Orbit

class pygro.orbit.Orbit[source]View on GitHub

Base class for integrating physical orbits in spherically symmetric spacetimes. It is a wrapper around the Geodesic object for the time-like case with additional methods to assign initial conditions based on the standard Keplerian parameters in spherically symmetric space-times.

__init__(geo_engine: GeodesicEngine | None = None, verbose: bool = False, orbital_parameters: dict | None = None, radial_coordinate: Basic | None = None, latitude: Basic | None = None, longitude: Basic | None = None)[source]View on GitHub

The Orbit constructor accepts the following arguments:

Parameters:

  • geo_engine (Optional[GeodesicEngine]) – The GeodesicEngine object to link to the Orbit. If not provided, the Geodesic will be linked to the last initialized GeodesicEngine.

  • verbose (bool) – Specifies whether to log information on the geodesic status to the standard output.

  • orbital_parameters (Optional[dict]) – An optional dictionary to be passed to the set_orbital_parameters() method. See the documentation of this method for the exact details of what to include in the dictionary.

  • radial_coordinate (Optional[sp.Basic]) – When initializing the Orbit, it will assume by the default that the radial coordinate in the metric will be the first component of the coordinate array (i.e. the content of Metric.x[1]). This can be overridden by specifically passing the symbol corresponding to the radial coordinate.

  • latitude (Optional[sp.Basic]) – When initializing the Orbit, it will assume by the default that the latitude angular coordinate (\(\theta\) in the usual Schwarzschild coordinates, see Define your own space-time) in the metric will be the second component of the coordinate array (i.e. the content of Metric.x[2]). This can be overridden by specifically passing the symbol corresponding to the latitude.

  • longitude (Optional[sp.Basic]) – When initializing the Orbit, it will assume by the default that the longitude angular coordinate (\(\phi\) in the usual Schwarzschild coordinates, see Define your own space-time) in the metric will be the third component of the coordinate array (i.e. the content of Metric.x[3]). This can be overridden by specifically passing the symbol corresponding to the longitude.

After initialization, the Orbit instance has the following attributes:

Variables:

  • params (dict) – The dictionary containing the orbital parameters

  • V_eff (Callable) – A callable which returns the effective potential of the orbit as a function of the orbital energy, angular momentum and of the radial coordinate \(V_\textrm{eff} = V_\textrm{eff}(E, L, r)\).

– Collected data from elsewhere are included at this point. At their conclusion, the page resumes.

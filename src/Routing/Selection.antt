-- ===== src/Routing/Selection.antt =====
-- internal/routing/routing.go: which adapters `collectMatchingAdapters` and `RouteMultiple` choose.
use netweave.Common.{
  ℕ, suc, String, ◌≡◌, refl, ap, ◌∙◌, subst, ◌⊎◌, inl, inr, Bool, true, false, not, ◌&&◌, ◌||◌,
  List, [], ◌∷◌, map, arith, if◌then◌else◌, Among, Map, lookup, insert, lookup-insert, ◌==◌,
  eq_refl, Bool-cases, String-cases,
}
use netweave.DmsRegistry.{DmsRegistry}
use netweave.Routing.{
  Rule, Context, Router, marked, still, applies, collect, collect_matching_adapters,
}

-- A list without repetition.
abbrev pub Distinct : List String → Type 0
Distinct [] = Unit
Distinct (n ∷ ns) = ¬ Among n ns × Distinct ns

module _ (reg : DmsRegistry) (ctx : Context) where
  -- The names under which the loop takes adapters.
  pub chosen : List Rule → Map Bool → List String
  chosen [] seen = []
  chosen (rule ∷ rules) seen =
      let passed = chosen rules seen in
      let taken = chosen rules (insert rule.adapter_name true seen) in
      if not (marked rule.adapter_name seen) && applies reg ctx rule
      then rule.adapter_name ∷ taken
      else passed

  -- A rule of the list that applies has the name.
  abbrev pub Wanted : List Rule → String → Type 0
  Wanted rules n =
      (rule : Rule) × Among rule rules × (applies reg ctx rule ≡ true) × (rule.adapter_name ≡ n)

  abbrev fresh : Rule → Map Bool → Bool
  fresh rule seen = not (marked rule.adapter_name seen) && applies reg ctx rule

  collect-map :
      (i : ℕ) (rules : List Rule) (seen : Map Bool)
      → collect (still reg) i ctx rules seen ≡ map (λ n. lookup n reg.plugins) (chosen rules seen)
  unfolding collect chosen
  collect-map i [] seen = refl
  collect-map i (rule ∷ rules) seen = elim (Bool-cases (fresh rule seen)) [
    | inl e ↦ rw e (ap (◌∷◌ (lookup rule.adapter_name reg.plugins)) (collect-map (suc i) rules _))
    | inr e ↦ rw e (collect-map (suc i) rules seen)
  ]

  marked-insert :
      (name n : String) (seen : Map Bool)
      → marked n (insert name true seen) ≡ ((name == n) || marked n seen)
  marked-insert name n seen = ground (arith, lookup-insert name n true seen)

  -- What is chosen is wanted, and was not seen before.
  chosen_sound :
      (rules : List Rule) (seen : Map Bool) (n : String)
      → Among n (chosen rules seen)
      → Wanted rules n × (marked n seen ≡ false)
  unfolding chosen
  chosen_sound [] seen n h = absurd h
  chosen_sound (rule ∷ rules) seen n h = elim (Bool-cases (fresh rule seen)) [
    | inr e ↦
        let later : Among n (chosen rules seen) = rw e at h in
        let ((r, there, fits, same), new) = chosen_sound rules seen n later in
        ((r, inr there, fits, same), new)
    | inl e ↦
        let cases : Among n
            (rule.adapter_name ∷ chosen rules (insert rule.adapter_name true seen)) =
          rw e at h in
        elim cases [
          | inl same ↦ (
            (rule, inl refl, ground arith, same),
            subst (λ x. marked x seen ≡ false) same (ground arith),
          )
          | inr later ↦
              let ((r, there, fits, called), new) = chosen_sound rules _ n later in
              ((r, inr there, fits, called), ground (arith, marked-insert rule.adapter_name n seen))
        ]
  ]

  -- What is wanted is chosen, or was seen before.
  chosen_complete :
      (rules : List Rule) (seen : Map Bool) (rule : Rule)
      → Among rule rules
      → applies reg ctx rule ≡ true
      → Among rule.adapter_name (chosen rules seen) ⊎ (marked rule.adapter_name seen ≡ true)
  unfolding chosen
  chosen_complete [] seen rule m a = absurd m
  chosen_complete (r ∷ rules) seen rule (inl same) a = elim (Bool-cases (fresh r seen)) [
    | inl e ↦ inl (rw e (inl (ap (λ x. x.adapter_name) same)))
    | inr e ↦
        let a' : applies reg ctx r ≡ true = ap (applies reg ctx) same ∙ a in
        inr (subst (λ x. marked x.adapter_name seen ≡ true) same (ground arith))
  ]
  chosen_complete (r ∷ rules) seen rule (inr m) a = elim (Bool-cases (fresh r seen)) [
    | inr e ↦ rw e (chosen_complete rules seen rule m a)
    | inl e ↦ elim (String-cases r.adapter_name rule.adapter_name) [
      | inl (b, same) ↦ inl (rw e (inl same))
      | inr (b, other) ↦ elim (chosen_complete rules (insert r.adapter_name true seen) rule m a) [
        | inl there ↦ inl (rw e (inr there))
        | inr old ↦ inr (ground (arith, marked-insert r.adapter_name rule.adapter_name seen))
      ]
    ]
  ]

  chosen-Distinct : (rules : List Rule) (seen : Map Bool) → Distinct (chosen rules seen)
  unfolding chosen
  chosen-Distinct [] seen = tt
  chosen-Distinct (rule ∷ rules) seen = elim (Bool-cases (fresh rule seen)) [
    | inr e ↦ rw e (chosen-Distinct rules seen)
    | inl e ↦
        let rest = insert rule.adapter_name true seen in
        let once : ¬ Among rule.adapter_name (chosen rules rest) = λ m.
          let (w, new) = chosen_sound rules rest rule.adapter_name m in
          ground (
            arith,
            marked-insert rule.adapter_name rule.adapter_name seen,
            eq_refl rule.adapter_name,
          ) in
        rw e (once, chosen-Distinct rules rest)
  ]

-- While the registry does not change, collect_matching_adapters returns the registered adapters of a list of names without repetition.
-- A name is in that list exactly if a rule of the router that is enabled, matches the context and
-- has a valid adapter has it as its adapter name.
pub collect_matching_adapters_exact :
    (reg : DmsRegistry) (r : Router) (ctx : Context)
    → (names : List String) × (collect_matching_adapters (still reg) r ctx
        ≡ map (λ n. lookup n reg.plugins) names)
      × Distinct names
      × ((n : String) → Among n names → Wanted reg ctx r.rules n)
      × ((n : String) → Wanted reg ctx r.rules n → Among n names)
unfolding collect_matching_adapters lookup
collect_matching_adapters_exact reg r ctx = (
  chosen reg ctx r.rules [],
  collect-map reg ctx 0 r.rules [],
  chosen-Distinct reg ctx r.rules [],
  λ n m. (chosen_sound reg ctx r.rules [] n m).0,
  λ n (rule, there, a, same). elim (chosen_complete reg ctx r.rules [] rule there a) [
    | inl m ↦ subst (λ x. Among x (chosen reg ctx r.rules [])) same m
    | inr old ↦ absurd (ground arith)
  ],
)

  • E (float) – The value of the orbital energy of the orbit that corresponds to the given orbital parameters.

  • L (float) – The value of the orbital angular momentum of the orbit that corresponds to the given orbital parameters.

integrate(tauf: float | int, initial_step: float | int, verbose: bool = False, direction: Literal['bw', 'fw'] = 'fw', initial_conditions_tol: float = 1e-15, **integration_kwargs)[source]View on GitHub

A wrapper around the integrate() method.

It accepts the same arguments plus:

Parameters:

initial_conditions_tol (float) – sets the numerical tolerance for the root finding algorithm of the initial conditions.

This method sets the initial conditions of the integration starting from the orbital parameters. In case the procedure is not successfull it falls back to the classical Keplerian initial conditions (alerting the user that this has been the case).

set_orbital_parameters(t_P: float | None = None, a: float | None = None, e: float | None = None, i: float | None = None, omega: float | None = None, Omega: float | None = None, t_A: float | None = None)[source]View on GitHub

Sets the orbital parameters that uniquely identify the orbit on the equatorial plane.

For a detailed explaination on how a choice of orbital parameters is translated into intial conditions for the geodesic, see the Integrating physical orbits tutorial and the example notebooks Circular orbits and Orbital precession.

The parametrization that we choose is the usual one in celestial mechanics:

  • \(t_p\) (t_P): coordinate time of pericenter passage. Alternatively, one can specify the coordinate time of apocenter passge \(t_a\) (t_A). Assigning one (and only one) of these parameters is mandatory and will raise an error if not assigned. Depending on the choice between t_P and t_A the integration will be started at pericenter or apocenter.

  • \(a\) (a): The semi-major axis of the orbit in the same units in which the radial coordiante in the metrix is expressed. This parameter is mandatory and will raise an error if not assigned.

  • \(e\) (e): The orbital eccentricity, which fixes the radial turning points \(r_p=a(1-e)\) and \(r_a=a(1+e)\) (see Integrating physical orbits). This parameter is mandatory and will raise an error if not assigned.

  • \((i,\,\omega,\,\Omega)\) (i, omega, Omega): the three angular orbital parameters (in radians) which will rotate the initial conditions out of the equatorial plane. See Integrating physical orbits for a proper definition of these parameters. These parameters are optional. If not specified they will be fixed to zero, leaving the orbit on the equatorial plane (\(\theta = \pi/2\) or the corresponding latitude coordinate).